■ **What to work on**
From the line that contains "-- The address" through the line that contains "-- The leaf", output every line of the listing below exactly and leave out all the rest.

=====

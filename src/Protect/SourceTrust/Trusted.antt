-- ===== src/Protect/SourceTrust/Trusted.antt =====
-- What a request that passes the source check has shown.
use selenwright.Prelude.{
  ◌≡◌, ◌↔◌, refl, true, false, List, [], ◌∷◌, ◌++◌, map, any, Option, none, some, Str, ==_iff, elem,
  is_empty, Result, ok, err, arith, inl, inr, ◌⊎◌, Bool-cases, Option-cases, ap, sym, ◌∙◌,
}
use selenwright.Protect.Request.{Request}
use selenwright.Protect.SourceTrust.{
  Network, Untrusted, SourceTrust, SourceTrustConfig, header_router_secret, update, from_trusted_ip,
  remote_ip, ip_in_any, check_certificate, check, intermediates, source_trust_middleware,
}

handed_on :
    (u : Result Untrusted (Unit {0})) → elim u [ err e ↦ false | ok _ ↦ true ] ≡ true → u ≡ ok tt
handed_on (err e) h = cc
handed_on (ok _) h = refl

-- All the elements of some lists.
abbrev flatten : List (List Str) → List Str
flatten [] = []
flatten (xs ∷ xss) = xs ++ flatten xss

module _ (net : Network) where
  intermediates-flatten :
      (chains : List (Str × List Str)) → intermediates net chains ≡ flatten (map (λ c. c.1) chains)
  intermediates-flatten [] = refl
  intermediates-flatten ((leaf, rest) ∷ chains) =
      ap (λ xs. rest ++ xs) (intermediates-flatten chains)

  -- The address of a request: that of its host where it has a port, or as it is.
  abbrev pub IsFrom : Request → net.Ip → Type 0
  IsFrom r ip =
      ((host : Str) × (net.split_host_port r.remote_addr ≡ some host)
        × (net.parse_ip host ≡ some ip))
      ⊎ ((net.split_host_port r.remote_addr ≡ none) × (net.parse_ip r.remote_addr ≡ some ip))

  -- The leaf of the first chain that TLS has verified, and, where the authorities are given, a path
  -- from it to one of them by way of the rest of all the chains.
  abbrev pub HasCertificate : Option net.Pool → Request → Type 0
  HasCertificate cas r =
      (leaf : Str) × (rest : List Str) × (chains : List (Str × List Str)) × (r.verified_chains
        ≡ some ((leaf, rest) ∷ chains))
      × ((cas ≡ none)
          ⊎ ((pool : net.Pool) × (cas ≡ some pool)
              × (net.verify pool leaf (flatten (rest ∷ map (λ c. c.1) chains)) ≡ true)))

  -- Each of the three means that the configuration asks for has been shown.
  pub record Shown (cfg : SourceTrustConfig net) (r : Request) : Type 0 where
    pub knows_secret : (is_empty cfg.secret ≡ true) ⊎ (r.header header_router_secret ≡ cfg.secret)
    pub comes_from :
        (is_empty cfg.trusted_cidrs ≡ true)
        ⊎ ((ip : net.Ip) × IsFrom r ip × (any (λ c. net.contains c ip) cfg.trusted_cidrs ≡ true))
    pub has_certificate : (cfg.require_mtls ≡ false) ⊎ HasCertificate cfg.allowed_root_cas r

  from_trusted_ip_iff :
      (r : Request) (cidrs : List net.Cidr)
      → (from_trusted_ip net r cidrs ≡ true)
        ↔ ((ip : net.Ip) × IsFrom r ip × (any (λ c. net.contains c ip) cidrs ≡ true))
  unfolding from_trusted_ip remote_ip ip_in_any
  from_trusted_ip_iff r cidrs = (
    λ h. elim (Option-cases (net.split_host_port r.remote_addr)) [
      | inl bare ↦ elim (Option-cases (net.parse_ip r.remote_addr)) [
        | inl bad ↦ absurd (ground (arith, h, bare, bad))
        | inr (ip, parsed) ↦ (ip, inr (bare, parsed), ground (arith, h, bare, parsed))
      ]
      | inr (host, cut) ↦ elim (Option-cases (net.parse_ip host)) [
        | inl bad ↦ absurd (ground (arith, h, cut, bad))
        | inr (ip, parsed) ↦ (ip, inl (host, cut, parsed), ground (arith, h, cut, parsed))
      ]
    ],
    λ (ip, from, inside). elim from [
      | inl (host, cut, parsed) ↦ ground (arith, cut, parsed, inside)
      | inr (bare, parsed) ↦ ground (arith, bare, parsed, inside)
    ],
  )

  verified-HasCertificate :
      (cas : Option net.Pool) (chains : Option (List (Str × List Str))) (r : Request)
      → r.verified_chains ≡ chains
      → check_certificate net cas chains ≡ ok tt
      → HasCertificate cas r
  unfolding check_certificate
  verified-HasCertificate cas none r given h = absurd (ground (arith, h))
  verified-HasCertificate cas (some []) r given h = absurd (ground (arith, h))
  verified-HasCertificate none (some ((leaf, rest) ∷ chains)) r given h =
      (leaf, rest, chains, given, inl refl)
  verified-HasCertificate (some pool) (some ((leaf, rest) ∷ chains)) r given h = (
    leaf,
    rest,
    chains,
    given,
    inr (
      pool,
      refl,
      ap (net.verify pool leaf) (sym (intermediates-flatten ((leaf, rest) ∷ chains)))
          ∙ ground (arith, h),
    ),
  )

  HasCertificate-verified :
      (cas : Option net.Pool) (r : Request)
      → HasCertificate cas r
      → check_certificate net cas r.verified_chains ≡ ok tt
  unfolding check_certificate
  HasCertificate-verified cas r (leaf, rest, chains, given, fits) =
      let all = (leaf, rest) ∷ chains in
      ap (check_certificate net cas) given ∙ (elim fits [
        | inl any_ca ↦ ap (λ c. check_certificate net c (some all)) any_ca
        | inr (pool, some_ca, path) ↦
            let good : net.verify pool leaf (intermediates net all) ≡ true =
              ap (net.verify pool leaf) (intermediates-flatten all) ∙ path in
            ap (λ c. check_certificate net c (some all)) some_ca ∙ ground (arith, good)
      ])

  check-Shown :
      (cfg : SourceTrustConfig net) (old : SourceTrust net) (r : Request)
      → check net (update net cfg old) r ≡ ok tt
      → Shown cfg r
  unfolding check update
  check-Shown cfg old r e = record {
    knows_secret = elim (Bool-cases (is_empty cfg.secret)) [
      | inl h ↦ inl h
      | inr h ↦ inr ((==_iff _ _).0 (ground arith))
    ];
    comes_from = elim (Bool-cases (is_empty cfg.trusted_cidrs)) [
      | inl h ↦ inl h
      | inr h ↦ inr ((from_trusted_ip_iff r cfg.trusted_cidrs).0 (ground arith))
    ];
    has_certificate = elim (Bool-cases cfg.require_mtls) [
      | inl h ↦
          inr (verified-HasCertificate cfg.allowed_root_cas r.verified_chains r refl (ground arith))
      | inr h ↦ inl h
    ];
  }

  Shown-check :
      (cfg : SourceTrustConfig net) (old : SourceTrust net) (r : Request)
      → Shown cfg r
      → check net (update net cfg old) r ≡ ok tt
  unfolding check update
  Shown-check cfg old r s =
      let place : (is_empty cfg.trusted_cidrs ≡ true)
          ⊎ (from_trusted_ip net r cfg.trusted_cidrs ≡ true) =
        elim s.comes_from [
          | inl h ↦ inl h
          | inr h ↦ inr ((from_trusted_ip_iff r cfg.trusted_cidrs).1 h)
        ] in
      let shown : (cfg.require_mtls ≡ false)
          ⊎ (check_certificate net cfg.allowed_root_cas r.verified_chains ≡ ok tt) =
        elim s.has_certificate [
          | inl h ↦ inl h
          | inr h ↦ inr (HasCertificate-verified cfg.allowed_root_cas r h)
        ] in
      let secret = s.knows_secret in
      ground (arith, secret, place, shown, ==_iff (r.header header_router_secret) cfg.secret)

  off-Shown :
      (cfg : SourceTrustConfig net) (old : SourceTrust net) (r : Request)
      → (update net cfg old).enabled ≡ false
      → Shown cfg r
  unfolding update
  off-Shown cfg old r off = record {
    knows_secret = inl (ground arith);
    comes_from = inl (ground arith);
    has_certificate = inl (ground arith);
  }

  -- After any Update, a request to a path that is not open is handed on exactly when it has shown
  -- what that Update's configuration asks for: the router's secret, a source address in a trusted
  -- network, a client certificate, which verifies against the authorities where they are given; a
  -- means that is not configured is not asked for.
  pub source_trust_middleware-update_iff :
      (open_paths : List Str) (cfg : SourceTrustConfig net) (old : SourceTrust net) (r : Request)
      → elem r.path open_paths ≡ false
      → (source_trust_middleware net open_paths (some (update net cfg old)) r ≡ true) ↔ Shown cfg r
  unfolding source_trust_middleware
  source_trust_middleware-update_iff open_paths cfg old r closed = (
    λ passed. elim (Bool-cases (update net cfg old).enabled) [
      | inl on ↦ check-Shown cfg old r (handed_on (check net (update net cfg old) r) (ground arith))
      | inr off ↦ off-Shown cfg old r off
    ],
    λ s. ground (arith, Shown-check cfg old r s),
  )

=====

■ **Response to this task**
  -- The address of a request: that of its host where it has a port, or as it is.
  abbrev pub IsFrom : Request → net.Ip → Type 0
  IsFrom r ip =
      ((host : Str) × (net.split_host_port r.remote_addr ≡ some host)
        × (net.parse_ip host ≡ some ip))
      ⊎ ((net.split_host_port r.remote_addr ≡ none) × (net.parse_ip r.remote_addr ≡ some ip))

  -- The leaf of the first chain that TLS has verified, and, where the authorities are given, a path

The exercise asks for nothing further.